What needs to be done: If a line holds the word "behind", copy it from the entries.
====== Data to use
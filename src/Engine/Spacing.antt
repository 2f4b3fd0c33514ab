-- ===== src/Engine/Spacing.antt =====
-- Where the blocks lie after pass 1 and after pass 2, as numbers.
use dbrew.Prelude.{ℕ, zero, suc, ◌+◌, ◌≤◌, ◌<◌, ◌≡◌, ◌⊎◌, false, some, List, [], ◌∷◌, arith}
use dbrew.Prelude.{get_elem?}
use dbrew.Engine.Blocks.{GenCbb}
use dbrew.Engine.Place.{jump_bytes}

-- What pass 1 leaves: each block at `b` or behind the 26 bytes of hole of the block before, with
-- the members that `getCaptureBB` resets.
abbrev pub Spaced : List GenCbb → ℕ → Type 0
Spaced [] b = Unit
Spaced (c ∷ cs) b =
    (c.addr1 ≡ b)
    × ((c.size ≡ 0) ⊎ (0 < c.count))
    × (c.gen_jcc8 ≡ false)
    × (c.gen_jump ≡ false)
    × Spaced cs (b + c.size + 26)

-- The end of the code that pass 1 generated from `b` on, the last hole included.
abbrev pub spaced_end : List GenCbb → ℕ → ℕ
spaced_end [] b = b
spaced_end (c ∷ cs) b = spaced_end cs (b + c.size + 26)

-- The blocks with both addresses, from `b1` and `b2` on.
abbrev pub Placed : List GenCbb → ℕ → ℕ → Type 0
Placed [] b1 b2 = Unit
Placed (p ∷ ps) b1 b2 =
    (p.addr1 ≡ b1)
    × (p.addr2 ≡ b2)
    × (jump_bytes p ≤ 11)
    × Placed ps (b1 + p.size + 26) (b2 + p.size + jump_bytes p)

spaced_end-le : (ps : List GenCbb) (b : ℕ) → b ≤ spaced_end ps b
spaced_end-le [] b = omega arith
spaced_end-le (p ∷ ps) b = omega (arith, spaced_end-le ps (b + p.size + 26))

-- Pass 2 only shrinks the distance from the start.
pub Placed-later :
    (ps : List GenCbb) (b1 b2 k : ℕ) (p : GenCbb)
    → Placed ps b1 b2
    → get_elem? ps k ≡ some p
    → (b1 ≤ p.addr1)
      × (b2 ≤ p.addr2)
      × (p.addr2 + b1 ≤ p.addr1 + b2)
      × (p.addr1 + p.size + 26 ≤ spaced_end ps b1)
      × (jump_bytes p ≤ 11)
Placed-later [] b1 b2 k p h e = absurd (ground arith)
Placed-later (q ∷ ps) b1 b2 zero p h e =
    let z : q ≡ p = ground arith in rw (← z) (omega (arith, h, spaced_end-le ps (b1 + q.size + 26)))
Placed-later (q ∷ ps) b1 b2 (suc k) p h e =
    omega (arith, h, Placed-later ps (b1 + q.size + 26) (b2 + q.size + jump_bytes q) k p h.3 e)

-- A block behind another one.
pub Placed-forward :
    (ps : List GenCbb) (b1 b2 k t : ℕ) (p q : GenCbb)
    → Placed ps b1 b2
    → get_elem? ps k ≡ some p
    → get_elem? ps t ≡ some q
    → k < t
    → (p.addr2 + p.size + jump_bytes p ≤ q.addr2)
      × (q.addr2 + p.addr1 + 26 ≤ q.addr1 + p.addr2 + jump_bytes p)
      × (p.addr1 + p.size ≤ q.addr1)
Placed-forward [] b1 b2 k t p q h e f l = absurd (ground arith)
Placed-forward (c ∷ ps) b1 b2 zero zero p q h e f l = absurd (omega arith)
Placed-forward (c ∷ ps) b1 b2 zero (suc t) p q h e f l =
    let z : c ≡ p = ground arith in
    rw (← z)
      (omega (arith, h, Placed-later ps (b1 + c.size + 26) (b2 + c.size + jump_bytes c) t q h.3 f))
Placed-forward (c ∷ ps) b1 b2 (suc k) zero p q h e f l = absurd (omega arith)
Placed-forward (c ∷ ps) b1 b2 (suc k) (suc t) p q h e f l =
    Placed-forward ps (b1 + c.size + 26) (b2 + c.size + jump_bytes c) k t p q h.3 e f (omega arith)

-- A block before another one, or the same.
pub Placed-backward :
    (ps : List GenCbb) (b1 b2 k t : ℕ) (p q : GenCbb)
    → Placed ps b1 b2
    → get_elem? ps k ≡ some p
    → get_elem? ps t ≡ some q
    → t ≤ k
    → (q.addr2 ≤ p.addr2) × (p.addr2 + q.addr1 ≤ p.addr1 + q.addr2)
Placed-backward [] b1 b2 k t p q h e f l = absurd (ground arith)
Placed-backward (c ∷ ps) b1 b2 k zero p q h e f l =
    let z : c ≡ q = ground arith in rw (← z) (omega (arith, h, Placed-later (c ∷ ps) b1 b2 k p h e))
Placed-backward (c ∷ ps) b1 b2 zero (suc t) p q h e f l = absurd (omega arith)
Placed-backward (c ∷ ps) b1 b2 (suc k) (suc t) p q h e f l =
    Placed-backward ps (b1 + c.size + 26) (b2 + c.size + jump_bytes c) k t p q h.3 e f (omega arith)

-- The next block starts where the jumps end.
pub Placed-next :
    (ps : List GenCbb) (b1 b2 k : ℕ) (p q : GenCbb)
    → Placed ps b1 b2
    → get_elem? ps k ≡ some p
    → get_elem? ps (k + 1) ≡ some q
    → q.addr2 ≡ p.addr2 + p.size + jump_bytes p
Placed-next [] b1 b2 k p q h e f = absurd (ground arith)
Placed-next (c ∷ []) b1 b2 zero p q h e f = absurd (ground arith)
Placed-next (c ∷ d ∷ ps) b1 b2 zero p q h e f =
    let z : c ≡ p = ground arith in let y : d ≡ q = ground arith in rw (← z, ← y) (omega (arith, h))
Placed-next (c ∷ ps) b1 b2 (suc k) p q h e f =
    Placed-next ps (b1 + c.size + 26) (b2 + c.size + jump_bytes c) k p q h.3 e (ground arith)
============
Solution to the problem:
-- What pass 1 leaves: each block at `b` or behind the 26 bytes of hole of the block before, with
-- A block behind another one.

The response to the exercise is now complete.